When a line contains the string "same", it counts once; give the total of such lines in the entries below and nothing else.

Dataset entries:
----------

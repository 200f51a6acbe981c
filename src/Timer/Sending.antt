-- ===== src/Timer/Sending.antt =====
-- The flags are kept by the tasks: a tick is sent, a task begins, goes on or ends.
use rong.Base.{
  ℕ, ◌≡◌, ◌≢◌, inl, inr, refl, sym, ◌∙◌, Bool, true, false, [], ◌∷◌, ◌++◌, arith, if◌then◌else◌,
  ◌==◌, nat_eq, nat_beq_iff, Bool-cases,
}
use rong.Timer.{
  TimerTick, TimerEntry, Kind, one_shot, interval, sleep, Phase, absent, over, Task, TimerRegistry,
  spawn, cancel_timer, send_tick, wake_kind, notice_kind, update, set_phase, set_pending,
}
use rong.Timer.Paced.{
  IsPaced, still-IsPaced, IsStill-refl, update-IsStill, cancel_timer-IsStill, begun-IsStill,
  raise-IsPaced,
}

pub if-elim :
    {A : Type 0} (P : A → Type 0) (b : Bool) (x y : A)
    → (b ≡ true → P x)
    → (b ≡ false → P y)
    → P (if b then x else y)
if-elim P true x y p q = p refl
if-elim P false x y p q = q refl

pub send_tick-IsPaced :
    (k : ℕ) (s : TimerRegistry) → (s.tasks k).phase ≢ absent → IsPaced s → IsPaced (send_tick k s).0
unfolding send_tick
send_tick-IsPaced k s begun v =
    let tick : TimerTick = record { id = (s.tasks k).id; task = k } in
    if-elim (λ (r : TimerRegistry × Bool). IsPaced r.0) (s.tasks k).pending (s, false) _ (λ p. v)
      λ p.
        if-elim (λ (r : TimerRegistry × Bool). IsPaced r.0) s.receiving
          (set_pending k true (record s { queue = s.queue ++ tick ∷ [] }), true)
          (set_pending k false s, false) (λ r. raise-IsPaced k tick s refl p begun v)
          λ r. still-IsPaced s _ (update-IsStill k _ s (sym p) (λ e. absurd (begun e))) v

pub update_phase : (k : ℕ) (t : Task) (s : TimerRegistry) → ((update k t s).tasks k).phase ≡ t.phase
update_phase k t s = rw ((nat_beq_iff k k).1 refl) refl

pub send_tick-begun :
    (k : ℕ) (s : TimerRegistry)
    → (s.tasks k).phase ≢ absent
    → ((send_tick k s).0.tasks k).phase ≢ absent
unfolding send_tick
send_tick-begun k s begun =
    let tick : TimerTick = record { id = (s.tasks k).id; task = k } in
    if-elim (λ (r : TimerRegistry × Bool). (r.0.tasks k).phase ≢ absent) (s.tasks k).pending
      (s, false) _ (λ p. begun)
      λ p.
        if-elim (λ (r : TimerRegistry × Bool). (r.0.tasks k).phase ≢ absent) s.receiving
          (set_pending k true (record s { queue = s.queue ++ tick ∷ [] }), true)
          (set_pending k false s, false) (λ r e. begun (sym (update_phase k _ s) ∙ e))
          λ r e. begun (sym (update_phase k _ s) ∙ e)

pub begun-IsPaced :
    (k : ℕ) (p : Phase) (t : TimerRegistry)
    → (t.tasks k).phase ≢ absent
    → IsPaced t
    → IsPaced (set_phase k p t)
begun-IsPaced k p t h v = still-IsPaced t _ (begun-IsStill k p t t h (IsStill-refl t)) v

-- A task that has begun drops its registration and is over.
pub drop-IsPaced :
    (k id : ℕ) (s : TimerRegistry)
    → (s.tasks k).phase ≢ absent
    → IsPaced s
    → IsPaced (set_phase k over (cancel_timer id s))
drop-IsPaced k id s begun v =
    still-IsPaced s _ (begun-IsStill k over s _ begun (cancel_timer-IsStill id s)) v

pub wake_kind-IsPaced :
    (kind : Kind) (k : ℕ) (s : TimerRegistry)
    → (s.tasks k).phase ≢ absent
    → IsPaced s
    → IsPaced (wake_kind kind k s)
wake_kind-IsPaced one_shot k s begun v =
    begun-IsPaced k _ (send_tick k s).0 (send_tick-begun k s begun) (send_tick-IsPaced k s begun v)
wake_kind-IsPaced interval k s begun v =
    begun-IsPaced k _ (send_tick k s).0 (send_tick-begun k s begun) (send_tick-IsPaced k s begun v)
wake_kind-IsPaced sleep k s begun v = drop-IsPaced k (s.tasks k).id s begun v

pub notice_kind-IsPaced :
    (kind : Kind) (k : ℕ) (s : TimerRegistry)
    → (s.tasks k).phase ≢ absent
    → IsPaced s
    → IsPaced (notice_kind kind k s)
notice_kind-IsPaced one_shot k s begun v = begun-IsPaced k _ s begun v
notice_kind-IsPaced interval k s begun v = begun-IsPaced k _ s begun v
notice_kind-IsPaced sleep k s begun v = drop-IsPaced k (s.tasks k).id s begun v

pub spawn-IsPaced :
    (kind : Kind) (entry : TimerEntry) (delay : ℕ) (s : TimerRegistry)
    → IsPaced s
    → IsPaced (spawn kind entry delay s)
spawn-IsPaced kind entry delay s v = record {
  bound = λ k. elim (Bool-cases (s.made == k)) [
    | inl q ↦
        let same = (nat_beq_iff s.made k).0 q in
        let down = (v.unmade k (omega (arith, same))).1 in rw q (rw down at (v.bound k))
    | inr q ↦ rw q (v.bound k)
  ];
  unmade = λ k h.
      let apart : (s.made == k) ≡ false = ground (arith, nat_beq_iff s.made k) in
      rw apart (v.unmade k (omega arith));
}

----------

# Task response
2